A small aside, this question might have been better posed to the statistics stackexchange where it was answered or stackoverflow [R tagged] where it has been addressed many times. It is not directly a bioinformatics problem, although I grant that it comes up in bioinformatics a lot, and my preferred solution is buried pretty deep in those sources.

0
Entering edit mode

Obi, I am interested in applying your code above to a similar problem but instead of two groups (control and case) I have three groups (control, caseA, caseB). I would like to permute the labels of the samples across the three phenotypes and then compare control vs caseA, control vs caseB, caseA vs caseB using limma-voom for differential expression. I have 4 patients in each group, so:

library(gtools)
labels=c("case_1A","case_2A","case_3A","case_4A","case_1B","case_2B","case_3B","case_4B","control_1","control_2","control_3","control_4")
combos=combinations(n=12, r=4, v=labels)


But then how can I obtain all possible comparisons: control vs caseA (4 vs 4) control vs caseB (4 vs 4) caseA vs caseB (4 vs 4) Should I use a similar function as the one you have above?

3
Entering edit mode
10.7 years ago
Neilfws 49k

It's not clear from your question precisely which combinations of labels you want to generate. If you have 10 sample labels (columns) and "all possible combinations" means "any label in any column once", you're looking at 10! = 3628800 combinations.
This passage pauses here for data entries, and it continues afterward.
-- ===== src/Kernel/List/Examples.antt =====
-- The theorems on lists at one in memory: the list 1 with the items 40 and 50 in the nodes 2 and 3, and
-- the empty list 7.
use openblt.Prelude.{◌==◌, refl, true, [], ◌∷◌, if◌then◌else◌, arith}
use openblt.Kernel.List.{Heap, list_detach_head, list_attach_tail}
use openblt.Kernel.List.Sequence.{Holds}
use openblt.Kernel.List.Separation.{requeue}

abbrev two : Heap
two = record {
  next = λ p. if p == 1 then 2 else if p == 2 then 3 else if p == 3 then 1 else p;
  prev = λ p. if p == 1 then 3 else if p == 3 then 2 else if p == 2 then 1 else p;
  content = λ p. if p == 2 then 40 else 50;
  count = λ p. if p == 1 then 2 else 0;
  used = λ p. true;
}

two-Holds : Holds two 1 (2 ∷ 3 ∷ []) (40 ∷ 50 ∷ [])
two-Holds = record {
  ring = record { links = ground arith; distinct = ground arith; count = ground arith };
  contents = refl;
}

none-Holds : Holds two 7 [] []
none-Holds = record {
  ring = record { links = ground arith; distinct = ground arith; count = ground arith };
  contents = refl;
}

requeue_example :
    let after = list_attach_tail 7 2 (list_detach_head 1 two).0 in
    Holds after 1 (3 ∷ []) (50 ∷ []) × Holds after 7 (2 ∷ []) (40 ∷ [])
requeue_example =
    requeue two 1 2 (3 ∷ []) 40 (50 ∷ []) two-Holds 7 [] [] none-Holds (λ p m. ground arith)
If that's not what you mean, you need to define the problem more clearly.

Also, in microarray permutation testing, people have an unfortunate habit of using the word "permutation" to mean "number of times the labels were randomised" (e.g. "1000 permutations").

I don't think you need to reinvent the wheel for this task. Search the Bioconductor website for permutation; there are several useful packages there, such as multtest.

0
Entering edit mode

+1 to this comment. Most likely one of the approaches described in multtest will do what you want without reinventing the wheel.

0
Entering edit mode

Fair point, for reasons very specific to this microarray platform and the analysis we're doing I need to run these permutations through limma though! Thanks for the suggestion though!